> [Work request]: A word-for-word copy of the listing that follows is required.
════════════════
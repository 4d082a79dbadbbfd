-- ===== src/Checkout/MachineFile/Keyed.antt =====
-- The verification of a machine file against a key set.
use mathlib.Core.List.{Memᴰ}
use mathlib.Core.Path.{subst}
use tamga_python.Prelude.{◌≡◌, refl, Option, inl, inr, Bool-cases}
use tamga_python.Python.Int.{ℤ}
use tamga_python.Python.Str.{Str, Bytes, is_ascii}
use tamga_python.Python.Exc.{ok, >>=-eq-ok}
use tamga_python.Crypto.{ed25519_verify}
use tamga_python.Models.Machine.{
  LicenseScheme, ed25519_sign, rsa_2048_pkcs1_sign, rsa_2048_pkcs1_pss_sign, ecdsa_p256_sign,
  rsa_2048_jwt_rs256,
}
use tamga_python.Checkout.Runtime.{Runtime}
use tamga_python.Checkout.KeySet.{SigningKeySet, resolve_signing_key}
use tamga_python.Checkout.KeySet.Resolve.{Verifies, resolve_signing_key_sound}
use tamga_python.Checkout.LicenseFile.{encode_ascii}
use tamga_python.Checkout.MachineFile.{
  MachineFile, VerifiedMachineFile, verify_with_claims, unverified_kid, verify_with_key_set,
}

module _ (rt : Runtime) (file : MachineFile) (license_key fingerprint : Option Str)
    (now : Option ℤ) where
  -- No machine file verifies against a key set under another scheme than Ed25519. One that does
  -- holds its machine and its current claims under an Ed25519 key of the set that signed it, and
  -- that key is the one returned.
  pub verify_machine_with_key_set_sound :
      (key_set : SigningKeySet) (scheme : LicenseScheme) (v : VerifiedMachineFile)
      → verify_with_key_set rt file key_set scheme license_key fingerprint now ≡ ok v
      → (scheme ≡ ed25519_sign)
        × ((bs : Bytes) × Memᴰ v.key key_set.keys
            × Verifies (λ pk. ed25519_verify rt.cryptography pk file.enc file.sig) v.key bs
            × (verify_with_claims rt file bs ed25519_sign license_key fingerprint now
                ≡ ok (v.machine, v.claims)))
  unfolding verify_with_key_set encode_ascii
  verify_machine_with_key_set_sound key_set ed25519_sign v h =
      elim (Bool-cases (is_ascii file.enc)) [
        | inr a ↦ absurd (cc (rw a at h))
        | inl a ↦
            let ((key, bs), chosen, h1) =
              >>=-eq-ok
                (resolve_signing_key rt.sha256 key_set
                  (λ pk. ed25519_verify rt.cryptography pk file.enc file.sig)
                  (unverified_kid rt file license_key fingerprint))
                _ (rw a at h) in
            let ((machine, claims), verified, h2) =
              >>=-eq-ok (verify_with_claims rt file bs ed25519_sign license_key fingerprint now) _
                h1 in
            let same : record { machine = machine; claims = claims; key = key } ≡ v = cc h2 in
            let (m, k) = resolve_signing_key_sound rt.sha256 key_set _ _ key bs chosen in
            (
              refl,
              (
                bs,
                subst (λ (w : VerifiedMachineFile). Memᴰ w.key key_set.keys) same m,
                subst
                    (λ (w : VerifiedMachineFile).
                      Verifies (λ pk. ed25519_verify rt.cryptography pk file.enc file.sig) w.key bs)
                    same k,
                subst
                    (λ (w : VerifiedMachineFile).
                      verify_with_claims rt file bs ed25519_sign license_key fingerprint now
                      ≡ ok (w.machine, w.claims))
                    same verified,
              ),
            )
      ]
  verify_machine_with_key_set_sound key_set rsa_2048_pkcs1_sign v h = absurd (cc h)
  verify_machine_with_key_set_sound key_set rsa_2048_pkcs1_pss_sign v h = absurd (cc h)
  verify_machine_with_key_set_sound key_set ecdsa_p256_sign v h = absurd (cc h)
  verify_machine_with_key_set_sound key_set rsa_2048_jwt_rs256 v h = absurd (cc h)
════════════════
> [Response box]:
repository 4d082a79dbadbbfd
-- ===== src/Checkout/MachineFile/Keyed.antt =====
-- The verification of a machine file against a key set.
use mathlib.Core.List.{Memᴰ}
use mathlib.Core.Path.{subst}
use tamga_python.Prelude.{◌≡◌, refl, Option, inl, inr, Bool-cases}
use tamga_python.Python.Int.{ℤ}
use tamga_python.Python.Str.{Str, Bytes, is_ascii}
use tamga_python.Python.Exc.{ok, >>=-eq-ok}
use tamga_python.Crypto.{ed25519_verify}
use tamga_python.Models.Machine.{
  LicenseScheme, ed25519_sign, rsa_2048_pkcs1_sign, rsa_2048_pkcs1_pss_sign, ecdsa_p256_sign,
  rsa_2048_jwt_rs256,
}
use tamga_python.Checkout.Runtime.{Runtime}
use tamga_python.Checkout.KeySet.{SigningKeySet, resolve_signing_key}
use tamga_python.Checkout.KeySet.Resolve.{Verifies, resolve_signing_key_sound}
use tamga_python.Checkout.LicenseFile.{encode_ascii}
use tamga_python.Checkout.MachineFile.{
  MachineFile, VerifiedMachineFile, verify_with_claims, unverified_kid, verify_with_key_set,
}

module _ (rt : Runtime) (file : MachineFile) (license_key fingerprint : Option Str)
    (now : Option ℤ) where
  -- No machine file verifies against a key set under another scheme than Ed25519. One that does
  -- holds its machine and its current claims under an Ed25519 key of the set that signed it, and
  -- that key is the one returned.
  pub verify_machine_with_key_set_sound :
      (key_set : SigningKeySet) (scheme : LicenseScheme) (v : VerifiedMachineFile)
      → verify_with_key_set rt file key_set scheme license_key fingerprint now ≡ ok v
      → (scheme ≡ ed25519_sign)
        × ((bs : Bytes) × Memᴰ v.key key_set.keys
            × Verifies (λ pk. ed25519_verify rt.cryptography pk file.enc file.sig) v.key bs
            × (verify_with_claims rt file bs ed25519_sign license_key fingerprint now
                ≡ ok (v.machine, v.claims)))
  unfolding verify_with_key_set encode_ascii
  verify_machine_with_key_set_sound key_set ed25519_sign v h =
      elim (Bool-cases (is_ascii file.enc)) [
        | inr a ↦ absurd (cc (rw a at h))
        | inl a ↦
            let ((key, bs), chosen, h1) =
              >>=-eq-ok
                (resolve_signing_key rt.sha256 key_set
                  (λ pk. ed25519_verify rt.cryptography pk file.enc file.sig)
                  (unverified_kid rt file license_key fingerprint))
                _ (rw a at h) in
            let ((machine, claims), verified, h2) =
              >>=-eq-ok (verify_with_claims rt file bs ed25519_sign license_key fingerprint now) _
                h1 in
            let same : record { machine = machine; claims = claims; key = key } ≡ v = cc h2 in
            let (m, k) = resolve_signing_key_sound rt.sha256 key_set _ _ key bs chosen in
            (
              refl,
              (
                bs,
                subst (λ (w : VerifiedMachineFile). Memᴰ w.key key_set.keys) same m,
                subst
                    (λ (w : VerifiedMachineFile).
                      Verifies (λ pk. ed25519_verify rt.cryptography pk file.enc file.sig) w.key bs)
                    same k,
                subst
                    (λ (w : VerifiedMachineFile).
                      verify_with_claims rt file bs ed25519_sign license_key fingerprint now
                      ≡ ok (w.machine, w.claims))
                    same verified,
              ),
            )
      ]
  verify_machine_with_key_set_sound key_set rsa_2048_pkcs1_sign v h = absurd (cc h)
  verify_machine_with_key_set_sound key_set rsa_2048_pkcs1_pss_sign v h = absurd (cc h)
  verify_machine_with_key_set_sound key_set ecdsa_p256_sign v h = absurd (cc h)
  verify_machine_with_key_set_sound key_set rsa_2048_jwt_rs256 v h = absurd (cc h)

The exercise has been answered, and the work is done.